Débranchée : quand une voix off coupe tout pour mieux s’écouter
Il y a des jours où je
coupe tout.
Le micro, les écrans, le casque, les notifications.
Même le souffle de la cabine semble de trop.
Je ferme la porte du studio, et pour une fois, je ne veux plus entendre ma voix.
Pas celle qu’on enregistre, pas celle qu’on envoie, pas celle qui raconte les histoires des autres.
Juste le silence.
Ce silence qu’on fuit souvent, parce qu’il met face à soi.
Parce qu’il nous rappelle qu’avant d’interpréter, d’ajuster, de livrer un ton juste, il faut d’abord
se réaccorder.
Être
voix off, c’est vivre branchée en permanence :
branchée à un micro,
connectée à un brief,
reliée à des clients,
et parfois, trop connectée à tout le reste.

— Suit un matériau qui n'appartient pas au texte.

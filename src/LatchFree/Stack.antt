-- ===== src/LatchFree/Stack.antt =====
-- `LockFreeStack` of src/latch-free/stack.cpp: each step of a thread is one access to `head`. A node
-- belongs to its thread until the exchange that publishes it; no node is freed or changed afterwards.
-- `compare_exchange_weak` may fail at any time.
pub mod Linear
mod Tests
use cpp_wtfsc.Base.{
  ℕ, ◌≡◌, List, [], ◌∷◌, ◌++◌, Option, none, some, ◌>>=◌, length, get_elem?, if◌then◌else◌, ◌==◌,
}

pub record Node (A : Type 0) : Type 0 where
  pub value : A
  pub next : Option ℕ

-- Between its calls, in `push` with `new_node->next`, or in `pop` with `old_head`.
pub data Thread (A : Type 0) : Type 0 where
  idle : Thread A
  pushing : A → Option ℕ → Thread A
  popping : Option ℕ → Thread A

pub data Event (A : Type 0) : Type 0 where
  pushed : A → Event A
  popped : A → Event A

-- The published nodes by address, `head`, the threads by number, and the exchanges that succeeded,
-- newest first.
pub record Stack (A : Type 0) : Type 0 where
  pub nodes : List (Node A)
  pub head : Option ℕ
  pub threads : ℕ → Thread A
  pub log : List (Event A)

module _ {A : Type 0} where
  abbrev pub update : (ℕ → Thread A) → ℕ → Thread A → ℕ → Thread A
  update threads i t j = if i == j then t else threads j

  -- `head` holds what it finds in memory: it has no initializer, and C++17 gives it none.
  abbrev pub init : Option ℕ → Stack A
  init garbage = record { nodes = []; head = garbage; threads = λ i. idle; log = [] }

pub data Step {A : Type 0} (s : Stack A) : Stack A → Type 0 where
  push_load :
      (i : ℕ) (x : A)
      → s.threads i ≡ idle
      → Step s (record s { threads = update s.threads i (pushing x s.head) })
  push_exchange :
      (i : ℕ) {x : A} {next : Option ℕ}
      → s.threads i ≡ pushing x next
      → s.head ≡ next
      → Step s (record s {
        nodes = s.nodes ++ record { value = x; next = next } ∷ [];
        head = some (length s.nodes);
        threads = update s.threads i idle;
        log = pushed x ∷ s.log;
      })
  push_again :
      (i : ℕ) {x : A} {next : Option ℕ}
      → s.threads i ≡ pushing x next
      → Step s (record s { threads = update s.threads i (pushing x s.head) })
  pop_load :
      (i : ℕ)
      → s.threads i ≡ idle
      → Step s (record s { threads = update s.threads i (popping s.head) })
  pop_exchange :
      (i : ℕ) {a : ℕ} {node : Node A}
      → s.threads i ≡ popping (some a)
      → s.head ≡ some a
      → get_elem? s.nodes a ≡ some node
      → Step s (record s {
        head = node.next;
        threads = update s.threads i idle;
        log = popped node.value ∷ s.log;
      })
  pop_again :
      (i : ℕ) {a : ℕ}
      → s.threads i ≡ popping (some a)
      → Step s (record s { threads = update s.threads i (popping s.head) })
  -- `pop` returns `nullptr`.
  pop_nothing :
      (i : ℕ) → s.threads i ≡ popping none → Step s (record s { threads = update s.threads i idle })

pub data Reach {A : Type 0} (garbage : Option ℕ) : Stack A → Type 0 where
  begin : Reach garbage (init garbage)
  step : {s t : Stack A} → Reach garbage s → Step s t → Reach garbage t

On parle, on enregistre, on communique.
Mais à force de tout brancher, on finit par
se débrancher de soi.
Alors il y a ces moments précieux où je débranche tout.
Pas par lassitude, mais par nécessité.
Parce qu’on ne peut pas prêter sa voix au monde entier sans parfois
la récupérer un peu pour soi.
Ces instants-là,
personne ne les voit.
Ils ne s’enregistrent pas, ne se postent pas.
C’est un café pris sans téléphone, une marche sans podcast, une respiration sans fond sonore.
C’est juste moi et le silence.
Et dans ce silence, quelque chose se remet à sa place.
Le rythme.
L’envie.
La justesse.
Parce qu’une
voix off, ce n’est pas une machine à parler.
C’est une oreille qui écoute, un cœur qui ressent, un souffle qui vit.
Se débrancher, c’est retrouver ce que le métier a parfois tendance à étouffer :
le plaisir pur de
ressentir avant de dire.
De ne plus chercher à être parfaite, mais
présente.
De ne plus produire, mais
respirer.
Et quand je rebranche enfin le micro,
je sais ce que je dois dire.
Et surtout, pour qui.
Parce qu’avant de prêter ma voix au monde,
je dois d’abord
l’écouter vivre un peu dans le silence.